Pulmonary tuberculosis: Gene discovery and functional analysis

Coordinator:    Prof. Dr. Rolf Horstmann
Institution: Bernhard-Nocht-Institute für Tropenmedizin
Homepage: www.bni-hamburg.de
On the basis of the studies during the phases of NGFN1 and NGFN2 support, 2010 HIV-negative cases with confirmed pulmonary tuberculosis and 2346 healthy control individuals from Ghana are now available for ongoing genetic and functional analyses. Cases and controls are matched for age, gender and ethnic background. Fine-typing of mycobacterial isolates allowed detailed comparisons of the clinical phenotypes caused by either one of the main mycobacterial species, Mycobacterium tuberculosis or M. africanum. At the same time, the availability of genetic mycobacterial and human data enables analyses of host-pathogen interactions. Analyses of the candidate genes encoding VDR, IL1A/B, IL4, P2X7, SP110, CD1d, ICOS, DC-SIGN, CXCL5, SLC11A1, TNF-alpha and IFNGR1 as well as of genes relevant in the interferon-gamma signal cascade did not provide significant results. However, significant results were found for variants of the genes encoding IL10, ALOX5, MCP-1, MBL, IL-4R, TNFRSF1B and IRGM. The ALOX5 and MBL variants have meanwhile been characterized further in functional assays. Further functional studies are planned for an exonic IFNG variant that was identified in our study group, for SPP1 and for an IRGM variant that is associated with protection from TB exclusively caused by M. tuberculosis-EUAM isolates.
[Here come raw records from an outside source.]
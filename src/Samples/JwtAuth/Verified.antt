-- ===== src/Samples/JwtAuth/Verified.antt =====
-- plugins/samples/jwt_auth/plugin.cc: what goes on in place of a path with a token.
use service_extensions_sampl.Base.{
  Text, ℕ, ◌≡◌, ap, ◌∙◌, inl, inr, Bool, true, some, ◌∷◌, arith, if◌then◌else◌, Option-cases, codes,
}
use service_extensions_sampl.Wasm.{HeaderMapType, request_headers, continue}
use service_extensions_sampl.Sdk.{Sdk, IsLawful}
use service_extensions_sampl.Urls.{Urls}
use service_extensions_sampl.Samples.JwtAuth.{Verifier, check_url, on_request_headers}

-- On a host that keeps its laws: if a request with a path passes, its path is a URL with a token
-- that the configured keys verify, the next plugin reads the path without the token, and all other
-- headers stay.
pub passed_token_is_verified :
    {U J K : Type 0} (urls : Urls U) (jwt : Verifier J K) {S : Type 0} (sdk : Sdk S)
    (same : Text → Text → Bool) (Open : HeaderMapType → S → Type 0)
    → IsLawful sdk same Open
    → (jwks : K) (c : ℕ) (text : Text) (s u : S) → Open request_headers s
    → sdk.get_header request_headers (codes ":path") s ≡ some (c ∷ text)
    → on_request_headers urls jwt sdk jwks s ≡ some (continue, u)
    → (link : U) × (field : Text) × (token : J) × (urls.parse_uri_reference (c ∷ text) ≡ some link)
      × (urls.find_param link (codes "jwt") ≡ some field)
      × (jwt.parse_from_string field ≡ some token)
      × (jwt.is_verified token jwks ≡ true)
      × ((j : Text)
          → sdk.get_header request_headers j u ≡ (
              if same j (codes ":path")
              then some (urls.buffer (urls.erase_found link (codes "jwt")))
              else sdk.get_header request_headers j s))
unfolding on_request_headers check_url
passed_token_is_verified urls jwt sdk same Open laws jwks c text s u opened a h =
    elim (Option-cases (urls.parse_uri_reference (c ∷ text))) [
      | inl b ↦ absurd (ground arith)
      | inr (link, b) ↦ elim (Option-cases (urls.find_param link (codes "jwt"))) [
        | inl d ↦ absurd (ground arith)
        | inr (field, d) ↦ elim (Option-cases (jwt.parse_from_string field)) [
          | inl e ↦ absurd (ground arith)
          | inr (token, e) ↦
              let path = urls.buffer (urls.erase_found link (codes "jwt")) in
              let next = (sdk.replace_header request_headers (codes ":path") path s).1 in
              (
                link,
                field,
                token,
                b,
                d,
                e,
                ground arith,
                λ j.
                    ap (sdk.get_header request_headers j) (let n : u ≡ next = ground arith in n)
                    ∙ laws.get-replace request_headers j (codes ":path") path s opened,
              )
        ]
      ]
    ]
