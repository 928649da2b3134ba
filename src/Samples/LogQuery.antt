-- ===== src/Samples/LogQuery.antt =====
-- plugins/samples/log_query/plugin.cc: a query parameter is logged.
use service_extensions_sampl.Base.{Text, none, some, ◌++◌, codes}
use service_extensions_sampl.Urls.{Urls}
use service_extensions_sampl.Wasm.{request_headers, FilterHeadersStatus, continue, info}
use service_extensions_sampl.Sdk.{Sdk, Act}

module _ {U : Type 0} (urls : Urls U) {S : Type 0} (sdk : Sdk S) where
  -- `token`
  unfoldable pub token_of : Text → Text
  token_of path = elim (urls.parse_uri_reference path) [
    | none ↦ codes "<missing>"
    | some url ↦ elim (urls.find_param url (codes "token")) [
      | none ↦ codes "<missing>"
      | some token ↦ token
    ]
  ]

  -- `onRequestHeaders`
  unfoldable pub on_request_headers : Act S FilterHeadersStatus
  unfolding token_of
  on_request_headers s = elim (sdk.get_header request_headers (codes ":path") s) [
    | none ↦ (continue, s)
    | some path ↦ (continue, sdk.log info (codes "token: " ++ token_of path) s)
  ]
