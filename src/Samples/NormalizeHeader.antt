-- ===== src/Samples/NormalizeHeader.antt =====
-- plugins/samples/normalize_header/plugin.cc: the class of the client's device from two headers.
use service_extensions_sampl.Base.{
  Text, Bool, false, Option, none, some, if◌then◌else◌, codes, text_eq,
}
use service_extensions_sampl.Wasm.{request_headers, FilterHeadersStatus, continue}
use service_extensions_sampl.Sdk.{Sdk, Act}

module _ (str_contains_ignore_case : Text → Text → Bool) where
  -- Whether the first header is `?1`, and whether the second one names a mobile device.
  abbrev pub is_flagged : Option Text → Bool
  is_flagged none = false
  is_flagged (some v) = text_eq v (codes "?1")

  abbrev pub is_mobile_agent : Option Text → Bool
  is_mobile_agent none = false
  is_mobile_agent (some v) = str_contains_ignore_case v (codes "mobile")

  -- `onRequestHeaders`
  unfoldable pub on_request_headers : {S : Type 0} → Sdk S → Act S FilterHeadersStatus
  on_request_headers sdk s =
      let key = codes "client-device-type" in
      if is_flagged (sdk.get_header request_headers (codes "Sec-CH-UA-Mobile") s)
      then (continue, (sdk.add_header request_headers key (codes "mobile") s).1)
      else if is_mobile_agent (sdk.get_header request_headers (codes "User-Agent") s)
      then (continue, (sdk.add_header request_headers key (codes "mobile") s).1)
      else (continue, (sdk.add_header request_headers key (codes "unknown") s).1)
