-- ===== src/Ledger/Attempts.antt =====
-- src/model.ts: the assertions on a Reviewer's validation receipt and on reused checkpoints.
use herdr_harness_lite.Base.{
  List, String, ◌∷◌, ◌otherwise◌, Bool, Option, ◌++◌, [], none, ◌==◌, if◌then◌else◌, map, is_empty,
  ◌&&◌, true, string_eq, some, ◌/=◌, false, find, ◌||◌, ltb, length, some_of, not,
}
use herdr_harness_lite.Model.Snapshot.{
  ReviewerCheckpointBinding, reviewer, validation, reviewer_checkpoint_stage_eq, lane_eq,
}
use herdr_harness_lite.Model.Platform.{Platform}
use herdr_harness_lite.Model.Attempt.{
  Attempt, ReviewerValidationReceiptBinding, settled, attempt_phase_eq,
}
use herdr_harness_lite.Model.Job.{Job}
use herdr_harness_lite.Policy.Operator.{holds_of}
use herdr_harness_lite.Base.Text.{is_bounded_text, is_hex}
use herdr_harness_lite.Ledger.Parts.{has_duplicate}

unfoldable pub is_receipt : Attempt → ReviewerValidationReceiptBinding → Bool
is_receipt a r = a.lane == reviewer && is_bounded_text r.path 8192 && is_hex 64 r.digest

abbrev pub inputs_of : Attempt → List ReviewerCheckpointBinding
inputs_of a = a.reviewer_checkpoint_inputs otherwise []

is_source : String → Attempt → Bool
is_source id a = a.id == id

-- An input names a settled Reviewer among the Job's earlier Attempts.
is_binding : Platform → List Attempt → ReviewerCheckpointBinding → Bool
is_binding platform attempts b =
    holds_of (λ a. a.lane == reviewer && a.phase == settled)
      (find (is_source b.source_attempt_id) attempts)
    && platform.is_absolute b.path
    && is_bounded_text b.path 8192
    && is_hex 64 b.digest

-- A reused validation is the one that the Attempt's receipt names.
is_reused : Attempt → ReviewerCheckpointBinding → Bool
is_reused a b =
    holds_of (λ r. r.path == b.path && r.digest == b.digest) a.reviewer_validation_receipt

abbrev is_validation : ReviewerCheckpointBinding → Bool
is_validation b = b.stage == validation

same_inputs : List ReviewerCheckpointBinding → List ReviewerCheckpointBinding → Bool
same_inputs [] [] = true
same_inputs (x ∷ xs) (y ∷ ys) =
    x.stage == y.stage
    && x.path == y.path
    && x.digest == y.digest
    && x.source_attempt_id == y.source_attempt_id
    && same_inputs xs ys
same_inputs _ _ = false

envelope_inputs : Attempt → Option (List ReviewerCheckpointBinding)
envelope_inputs a = elim a.context_envelope [ none ↦ none | some e ↦ e.reviewer_checkpoint_inputs ]

-- One round of the loop over the Attempts; without inputs it tests nothing.
input_tests : Platform → List Attempt → Attempt → List (Bool × String)
unfolding is_source is_binding is_reused same_inputs envelope_inputs
input_tests platform attempts a =
    let inputs = inputs_of a in
    if is_empty inputs
    then []
    else (
      a.lane /= reviewer
          || ltb 5 (length inputs)
          || has_duplicate reviewer_checkpoint_stage_eq (map (λ b. b.stage) inputs)
          || has_duplicate string_eq (map (λ b. b.digest) inputs),
      "attempt has invalid Reviewer checkpoint inputs",
    )
      ∷ (
        some_of (λ b. not (is_binding platform attempts b)) inputs,
        "attempt has an invalid Reviewer checkpoint binding",
      )
      ∷ (
        holds_of (λ b. not (is_reused a b)) (find is_validation inputs),
        "Reviewer validation receipt is not bound to its reused checkpoint",
      )
      ∷ (
        holds_of (λ e. not (same_inputs e inputs)) (envelope_inputs a),
        "Reviewer checkpoint inputs drifted from the Attempt context envelope",
      )
      ∷ []

all_input_tests : Platform → List Attempt → List Attempt → List (Bool × String)
all_input_tests platform attempts [] = []
all_input_tests platform attempts (a ∷ rest) =
    input_tests platform attempts a ++ all_input_tests platform attempts rest

consumed_digests : List Attempt → List String
consumed_digests [] = []
consumed_digests (a ∷ rest) = map (λ b. b.digest) (inputs_of a) ++ consumed_digests rest

unfoldable pub checkpoint_tests : Platform → Job → List (Bool × String)
unfolding input_tests all_input_tests consumed_digests
checkpoint_tests platform job =
    let all_attempts = job.attempts ++ elim job.active_attempt [ none ↦ [] | some a ↦ a ∷ [] ] in
    all_input_tests platform job.attempts all_attempts
    ++ (
      has_duplicate string_eq (consumed_digests all_attempts),
      "Reviewer checkpoint was reused more than once",
    )
      ∷ []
At the same time, the genome-wide analysis DNA from 1000 cases and 1100 control individuals  (Affymetrix SNP-Array 6.0) has been completed. Relevant SNPs identified were replicated in the Illumina system in the entire study group. Results were compared with study populations originating from Russia and Gambia. Currently, significant signals from these comparisons are subjected to further genetic analysis.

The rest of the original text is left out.